= Boris Kaufman (rabbi) =

Russian rabbi

Boris "Dov" Kaufman is a native Birobidzhan rabbi. Rabbi Kaufman has been a part of the Jewish Autonomous Oblast's Jewish community through its transitions from the 1990s into the 21st century. His congregation has been transformed, as has he, from practicing a blend of Jewish and Christian religious practices to mainstream Judaism. Rabbi Kaufman is the leader of Beit T'shuva, a small Jewish community located in Birobidzhan's old synagogue.

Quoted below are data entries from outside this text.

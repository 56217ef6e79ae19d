-- ===== src/Cfs/Entering.antt =====
-- What a call of `cfs_register_file` of cfs/src/cfs.c that ends has done, on any system.
use fusefs_block.Base.{
  ℕ, ◌^◌, ◌≤◌, ◌<◌, ◌≡◌, refl, sym, ap, ◌∙◌, Option, none, some, arith, set, ℤ, pos, Bytes, CString,
}
use mathlib.Core.Path.{subst}
use fusefs_block.Posix.{Posix, M, pure, ◌>>=◌}
use fusefs_block.Cfs.{CfsState, Garbage}
use fusefs_block.Cfs.Table.{
  find_slot, grow, update_header, cfs_get_file, read_header, cfs_register_file,
}
use fusefs_block.Cfs.Once.{
  occurs, occurs-none, occurs-grow, claim-fds, update_header-fds, once-enter,
}
use fusefs_block.Cfs.Invariant.{IsTable, grow-IsTable, grow_room, get-grow, fds_cap-grow}
use fusefs_block.Cfs.Entries.{Claimed, claim_room, absent_lem}
use fusefs_block.Cfs.Register.{register_claimed, update_header-Claimed}

-- A computation that ends is one after the other of its parts.
run-bind :
    {S A B : Type 0} (m : M S A) (f : A → M S B) (s : S) (r : B × S)
    → (m >>= f) s ≡ some r
    → (a : A) × (t : S) × (m s ≡ some (a, t)) × (f a t ≡ some r)
unfolding ◌>>=◌
run-bind {S} {A} {B} m f s r h = go (m s) refl h
  where
    go :
        (o : Option (A × S))
        → m s ≡ o
        → (elim o as (λ _. Option (B × S)) [ none ↦ none | some (a, t) ↦ f a t ]) ≡ some r
        → (a : A) × (t : S) × (m s ≡ some (a, t)) × (f a t ≡ some r)
    go none e h = absurd (cc)
    go (some (a, t)) e h = (a, t, e, h)

run-pure : {S A : Type 0} (a b : A) (s t : S) → pure {S = S} a s ≡ some (b, t) → b ≡ a
unfolding pure
run-pure a b s t h = cc

module _ (os : Posix) (garbage : Garbage) where
  -- Whatever the seek and the reads of the header give, only the header of the entry is set.
  run-read_header :
      (fuel : ℕ) (state : CfsState) (i : ℕ) (fd r : ℤ) (s s' : os.State) (after : CfsState)
      → read_header os fuel garbage state i fd s ≡ some ((r, after), s')
      → (a : Bytes) × (b : Bytes) × (after ≡ update_header state i a b)
  unfolding read_header
  run-read_header fuel state i fd r s s' after h =
      let (x, t, e, h1) = run-bind _ _ s ((r, after), s') h in
      let ((b, size_bytes), u, e', h2) = run-bind _ _ t ((r, after), s') h1 in
      let ((c, blocks_bytes), w, e'', h3) = run-bind _ _ u ((r, after), s') h2 in
      (size_bytes, blocks_bytes, ap (λ (q : ℤ × CfsState). q.1) (run-pure _ (r, after) w s' h3))

  -- `cfs_register_file` on any system: also where the header cannot be read, the file is entered,
  -- and no descriptor is there twice.
  pub run-register :
      (fuel : ℕ) (state after : CfsState) (path : CString) (fd : ℕ) (r : ℤ) (s s' : os.State)
      → IsTable state
      → ((other : ℕ) → occurs other state.fds ≤ 1)
      → state.fds_cap < 2 ^ 63
      → cfs_get_file state (pos fd) ≡ none
      → cfs_register_file os fuel garbage state path (pos fd) s ≡ some ((r, after), s')
      → Claimed (grow garbage state) after path fd × ((other : ℕ) → occurs other after.fds ≤ 1)
  run-register fuel state after path fd r s s' table once fits absent h =
      let grown : CfsState = grow garbage state in
      let grown-IsTable : IsTable grown = grow-IsTable garbage state table in
      let free : find_slot (pos fd) grown.fds 0 ≡ none =
        absent_lem grown grown-IsTable fd _ refl (get-grow garbage state table fd ∙ absent) in
      let (i, claimed, claims, at, entered) =
        claim_room grown grown-IsTable garbage path fd (grow_room garbage state table)
          (omega (arith, fds_cap-grow garbage state table)) free in
      let (a, b, e) =
        run-read_header fuel claimed i (pos fd) r s s' after
          (sym (register_claimed os fuel garbage state claimed path (pos fd) i s claims) ∙ h) in
      let (empty, fds) = claim-fds garbage grown claimed path (pos fd) i claims in
      let fds' : after.fds ≡ set grown.fds i (pos fd) =
        ap (λ (t : CfsState). t.fds) e ∙ update_header-fds claimed i a b ∙ fds in
      (
        subst (λ t. Claimed (grow garbage state) t path fd) (sym e)
            (update_header-Claimed entered at a b),
        subst (λ fds. (other : ℕ) → occurs other fds ≤ 1) (sym fds')
            (once-enter fd grown.fds i empty (occurs-none fd 0 grown.fds free)
              (λ other. omega (arith, occurs-grow garbage state table other, once other))),
      )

In 2010, The Christian Science Monitor reported that, "Nowhere are the ties between Jews and non-Jews here clearer than in Birobidzhan's tiny second synagogue, located on the outskirts of the city. It is Sabbath and it could be a 19th- century Jewish village were it not for the phone in the corner. The building is no more than 40 paces long, with low ceilings and a tin roof. A dozen mostly middle-aged parishioners sit on benches, a simple curtain separating men from women. The rabbi, Dov Kofman, an affable man who walks with a cane, says when the ceremony is over: "I love Israel, my son is now there serving in the army, but this is my fatherland." Suddenly a non-Jewish neighbor stops by to say hello, sitting down on one of the benches. An engineer by training, Yevgeni Stolbov oversaw the construction of most of Birobidzhan, and is now retired. "I love coming here, I would do anything to help this synagogue, it's part of my life and want to see it here forever," he says as his friend, the rabbi, looks on with a smile.